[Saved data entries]

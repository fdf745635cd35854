-- ===== src/Protocol/Tests.antt =====
-- internal/protocol: runs of the code on small inputs.
use goxfer.Base.{
  ◌≡◌, ◌↔◌, refl, [], ◌∷◌, ◌++◌, Bytes, codes, text_eq, pos, arith, done, fail, ok, ◌⊎◌,
}
use goxfer.Json.Utf8.{is_utf8}
use goxfer.Json.Plain.{plain_text}
use goxfer.Protocol.Frame.{eof, unexpected_eof, encode_frame, decode_frame, read_full}
use goxfer.Protocol.Frame.RoundTrip.{
  decode_frame-encode_frame, decode_frame-encode_frame_inv, decode_frame_truncated,
}
use goxfer.Protocol.Message.{
  Message, zero_message, type_file_start, type_file_chunk, validate_message, validate_as,
  marshal_message, encode_message, decode_message,
}
use goxfer.Protocol.Message.Validation.{IsValid, validate_message-eq-ok_iff}
use goxfer.Protocol.Message.RoundTrip.{
  without_chunk, decode_message-encode_message, decode_message-IsValid,
}

decode_frame-encode_frame_example :
    decode_frame (0 ∷ 0 ∷ 0 ∷ 2 ∷ 7 ∷ 8 ∷ 9 ∷ []) ≡ done (7 ∷ 8 ∷ []) (9 ∷ [])
unfolding encode_frame
decode_frame-encode_frame_example =
    decode_frame-encode_frame (7 ∷ 8 ∷ []) (0 ∷ 0 ∷ 0 ∷ 2 ∷ 7 ∷ 8 ∷ []) (9 ∷ []) refl

decode_frame-encode_frame_inv_example :
    (frame : Bytes) × (encode_frame (7 ∷ 8 ∷ []) ≡ ok frame)
    × (0 ∷ 0 ∷ 0 ∷ 2 ∷ 7 ∷ 8 ∷ 9 ∷ [] ≡ frame ++ (9 ∷ []))
unfolding decode_frame read_full
decode_frame-encode_frame_inv_example =
    decode_frame-encode_frame_inv (0 ∷ 0 ∷ 0 ∷ 2 ∷ 7 ∷ 8 ∷ 9 ∷ []) (7 ∷ 8 ∷ []) (9 ∷ []) refl refl

decode_frame_truncated_example :
    (decode_frame (0 ∷ 0 ∷ 0 ∷ 2 ∷ 7 ∷ []) ≡ fail eof [])
    ⊎ (decode_frame (0 ∷ 0 ∷ 0 ∷ 2 ∷ 7 ∷ []) ≡ fail unexpected_eof [])
unfolding encode_frame
decode_frame_truncated_example =
    decode_frame_truncated (7 ∷ 8 ∷ []) (0 ∷ 0 ∷ 0 ∷ 2 ∷ 7 ∷ []) (8 ∷ []) refl (omega arith)

-- A file_start for a file of five bytes, and a chunk.
abbrev start : Message
start = record zero_message {
  kind = type_file_start;
  file_id = codes "id";
  name = codes "f";
  size = pos 5;
}

abbrev chunk : Message
chunk = record zero_message {
  kind = type_file_chunk;
  file_id = codes "id";
  index = pos 1;
  chunk = 7 ∷ [];
}

validate_message-eq-ok_iff_example : (validate_message start ≡ ok tt) ↔ IsValid start
validate_message-eq-ok_iff_example = validate_message-eq-ok_iff start

decode_message-encode_message_example :
    decode_message plain_text (plain_text.print (marshal_message chunk)) ≡ ok (without_chunk chunk)
unfolding encode_message validate_message validate_as text_eq marshal_message is_utf8
decode_message-encode_message_example =
    decode_message-encode_message plain_text chunk (plain_text.print (marshal_message chunk))
      (record { size = refl; index = refl; offset = refl }) refl refl

decode_message-IsValid_example : IsValid (without_chunk chunk) × ((without_chunk chunk).chunk ≡ [])
decode_message-IsValid_example =
    decode_message-IsValid plain_text (plain_text.print (marshal_message chunk))
      (without_chunk chunk) decode_message-encode_message_example
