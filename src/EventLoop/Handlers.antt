-- ===== src/EventLoop/Handlers.antt =====
-- `handle_read` and `handle_write`.
use lloogg.Prelude.{ℕ, Bool, Option, none, some, ◌∷◌, if◌then◌else◌, ◌&&◌, ◌>>=◌}
use lloogg.Outcome.{Outcome, done, panics}
use lloogg.HashMap.{lookup, insert}
use lloogg.Aof.{Writes}
use lloogg.EventLoop.{
  EventLoop, Sockets, Ended, waits, leaves, closes, fails, epoll_mod, readable, is_process,
  is_write_response, is_read_header, read_loop, write_loop,
}
use lloogg.EventLoop.Dispatch.{handle_close, process_command}

module _ {S : Type 0} (sockets : Sockets S) where
  -- `handle_read` after its loop.
  unfoldable pub read_ended : ℕ → Writes → ℕ → ℕ → EventLoop S → Ended × S → Outcome (EventLoop S)
  unfolding handle_close process_command
  read_ended compiled_n writes now fd l (waits conn, net) =
      done (record l { connections = insert fd conn l.connections; net = net })
  read_ended compiled_n writes now fd l (leaves conn, net) =
      let l' : EventLoop S = record l { connections = insert fd conn l.connections; net = net } in
      if is_process conn.state then process_command compiled_n writes now fd l' else done l'
  read_ended compiled_n writes now fd l (closes, net) =
      done (handle_close fd (record l { net = net }))
  read_ended compiled_n writes now fd l (fails, net) = panics

  -- `none` means that the fuel ran out.
  unfoldable pub handle_read : ℕ → ℕ → Writes → ℕ → ℕ → EventLoop S → Option (Outcome (EventLoop S))
  unfolding read_loop read_ended
  handle_read fuel compiled_n writes now fd l = elim (lookup fd l.connections) [
    | none ↦ some (done l)
    | some conn ↦ do
      ended ← read_loop sockets fuel l.net fd conn
      some (read_ended compiled_n writes now fd l ended)
  ]

  -- `handle_write` after its loop; `was_sending` tells whether the response was sent just now.
  unfoldable pub write_ended : ℕ → EventLoop S → Bool → Ended × S → Outcome (EventLoop S)
  unfolding handle_close
  write_ended fd l was_sending (waits conn, net) =
      done (record l { connections = insert fd conn l.connections; net = net })
  write_ended fd l was_sending (leaves conn, net) = done (record l {
    connections = insert fd conn l.connections;
    net = net;
    calls =
        if was_sending && is_read_header conn.state
        then epoll_mod fd readable ∷ l.calls
        else l.calls;
  })
  write_ended fd l was_sending (closes, net) = done (handle_close fd (record l { net = net }))
  write_ended fd l was_sending (fails, net) = panics

  unfoldable pub handle_write : ℕ → ℕ → EventLoop S → Option (Outcome (EventLoop S))
  unfolding write_loop write_ended
  handle_write fuel fd l = elim (lookup fd l.connections) [
    | none ↦ some (done l)
    | some conn ↦ do
      ended ← write_loop sockets fuel l.net fd conn
      some (write_ended fd l (is_write_response conn.state) ended)
  ]
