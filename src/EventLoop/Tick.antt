-- ===== src/EventLoop/Tick.antt =====
-- `run`: the start, the rounds and the end of the event loop.
use lloogg.Prelude.{
  ℕ, suc, ◌*◌, ◌^◌, ◌%◌, Bool, Option, none, some, List, [], ◌∷◌, ◌++◌, map, ◌==◌, if◌then◌else◌,
  ◌>>=◌,
}
use lloogg.Constants.{expired_keys_cap, wbuf_size}
use lloogg.Outcome.{Outcome, done, waits, panics}
use lloogg.Memory.{Memory}
use lloogg.HashMap.{HashMap}
use lloogg.Ring.{RingBuffer}
use lloogg.Store.{Store}
use lloogg.Aof.{AofWriter, Writes}
use lloogg.Aof.Life
use lloogg.Config.{Config}
use lloogg.Spsc
use lloogg.Snapshot.Manager
use lloogg.Snapshot.Manager.{maybe_fork}
use lloogg.Ttl.Worker
use lloogg.Ttl.Worker.{Round, stop}
use lloogg.Ttl.{Candidate, drain_expired_keys, collect_ttl_candidates}
use lloogg.EventLoop.{EventLoop, Sockets, epoll_add, close, dump, readable}
use lloogg.EventLoop.Accept.{accept_connections}
use lloogg.EventLoop.Handlers.{handle_read, handle_write}

-- What a round takes from outside for one event of `epoll_wait`: its descriptor and whether EPOLLIN and
-- EPOLLOUT are set, and the results of the calls that its handler makes.
pub record Event : Type 0 where
  pub fd : ℕ
  pub is_readable : Bool
  pub is_writable : Bool
  pub accepted : List (ℕ × Memory)
  pub now : ℕ
  pub writes : Writes

-- What a round takes from outside: the times, the order of the iteration over the store's map, the
-- results of `waitpid` and `fork`, and the events.
pub record Tick : Type 0 where
  pub collect_now : ℕ
  pub order : HashMap RingBuffer
  pub fork_now : ℕ
  pub running : ℕ → Bool
  pub fork : Option ℕ
  pub events : List Event

module _ {S : Type 0} where
  -- `epoll` is the result of `epoll_create1`, `none` an error, at which the assertion fails. The slots of
  -- the new queues hold `uninit`. The TTL in nanoseconds is a `u64`, and its product is not checked.
  unfoldable pub new :
      Option ℕ → (ℕ → Candidate) → S → Config → Store → AofWriter → ℕ → Option (EventLoop S)
  unfolding Spsc.new Manager.new Worker.new
  new epoll uninit net config store aof listen_fd = do
    epoll_fd ← epoll
    some (record {
      store = store;
      aof = aof;
      connections = [];
      config = config;
      snapshot = Manager.new config.snapshot_path;
      epoll_fd = epoll_fd;
      listen_fd = listen_fd;
      ttl_worker = some (Worker.new (config.ttl_seconds * 1_000_000_000 % 2 ^ 64));
      candidates_in = Spsc.new uninit;
      expired_out = Spsc.new uninit;
      last_ttl_collect = 0;
      net = net;
      calls = epoll_add listen_fd readable ∷ [];
    })

  -- `drain_expired_keys`, with no push in between.
  unfoldable pub drain_phase : EventLoop S → Option (EventLoop S)
  drain_phase l = do
    (expired_out', store') ← drain_expired_keys (suc expired_keys_cap) l.expired_out l.store
    some (record l { expired_out = expired_out'; store = store' })

  unfoldable pub collect_phase : (now : ℕ) → HashMap RingBuffer → EventLoop S → EventLoop S
  unfolding collect_ttl_candidates
  collect_phase now order l =
      let collected = collect_ttl_candidates now l.last_ttl_collect order l.candidates_in in
      record l { candidates_in = collected.0; last_ttl_collect = collected.1 }

  unfoldable pub fork_phase : (now : ℕ) (running : ℕ → Bool) → Option ℕ → EventLoop S → EventLoop S
  unfolding maybe_fork
  fork_phase now running fork l =
      let forked =
        maybe_fork now (l.config.snapshot_interval * 1_000_000_000) running fork l.snapshot in
      record l {
        snapshot = forked.0;
        calls = elim forked.1 [ none ↦ l.calls | some ts ↦ dump l.store ts ∷ l.calls ];
      }

  -- `rounds` and `last_round` are the rounds of the worker's loop until its thread is joined.
  unfoldable pub stop_worker : List Round → Round → EventLoop S → Option (EventLoop S)
  unfolding stop
  stop_worker rounds last_round l = elim l.ttl_worker [
    | none ↦ some l
    | some worker ↦ do
      (worker', queues') ← stop rounds last_round worker (l.candidates_in, l.expired_out)
      some (record l { ttl_worker = none; candidates_in = queues'.0; expired_out = queues'.1 })
  ]

  -- The end of the writer and of the descriptors, behind that of the worker.
  unfoldable pub close_all : (last sync : Writes) (fds : List ℕ) → EventLoop S → EventLoop S
  unfolding Life.shutdown
  close_all last sync fds l = record l {
    aof = Life.shutdown last sync l.aof;
    connections = [];
    calls = close l.listen_fd ∷ close l.epoll_fd ∷ (map close fds ++ l.calls);
  }

  -- `fds` are the descriptors of the connections in the order of the iteration over the map. `none` means
  -- that the fuel of the worker's loop ran out.
  unfoldable pub shutdown :
      List Round → Round → (last sync : Writes) (fds : List ℕ) → EventLoop S → Option (EventLoop S)
  unfolding stop_worker close_all
  shutdown rounds last_round last sync fds l = do
    l' ← stop_worker rounds last_round l
    some (close_all last sync fds l')

  -- The calls of a round before `epoll_wait`.
  unfoldable pub prepare : Tick → EventLoop S → Option (EventLoop S)
  unfolding drain_phase collect_phase fork_phase
  prepare t l = do
    drained ← drain_phase l
    some (fork_phase t.fork_now t.running t.fork (collect_phase t.collect_now t.order drained))

module _ {S : Type 0} (sockets : Sockets S) (compiled_n : ℕ) where
  -- The handler of one event. `none` means that the fuel ran out.
  unfoldable pub handle_event : Event → EventLoop S → Option (Outcome (EventLoop S))
  unfolding accept_connections handle_read handle_write
  handle_event e l =
      if e.fd == l.listen_fd
      then some (done (accept_connections compiled_n e.accepted l))
      else if e.is_readable
      then handle_read sockets 27 compiled_n e.writes e.now e.fd l
      else if e.is_writable
      then handle_write sockets (wbuf_size compiled_n) e.fd l
      else some (done l)

  -- The loop over the events; a handler that waits or panics is the last one.
  unfoldable pub handle_events : List Event → EventLoop S → Option (Outcome (EventLoop S))
  unfolding handle_event
  handle_events [] l = some (done l)
  handle_events (e ∷ es) l = do
    outcome ← handle_event e l
    elim outcome [ done l' ↦ handle_events es l' | waits ↦ some waits | panics ↦ some panics ]

  -- One round of the loop of `run`.
  unfoldable pub tick : Tick → EventLoop S → Option (Outcome (EventLoop S))
  unfolding prepare handle_events
  tick t l = do prepared ← prepare t l; handle_events t.events prepared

### Goal of the exercise
Read through the entries above, and wherever a line holds the string "accepted", copy it.

### Answer section
  pub accepted : List (ℕ × Memory)
      then some (done (accept_connections compiled_n e.accepted l))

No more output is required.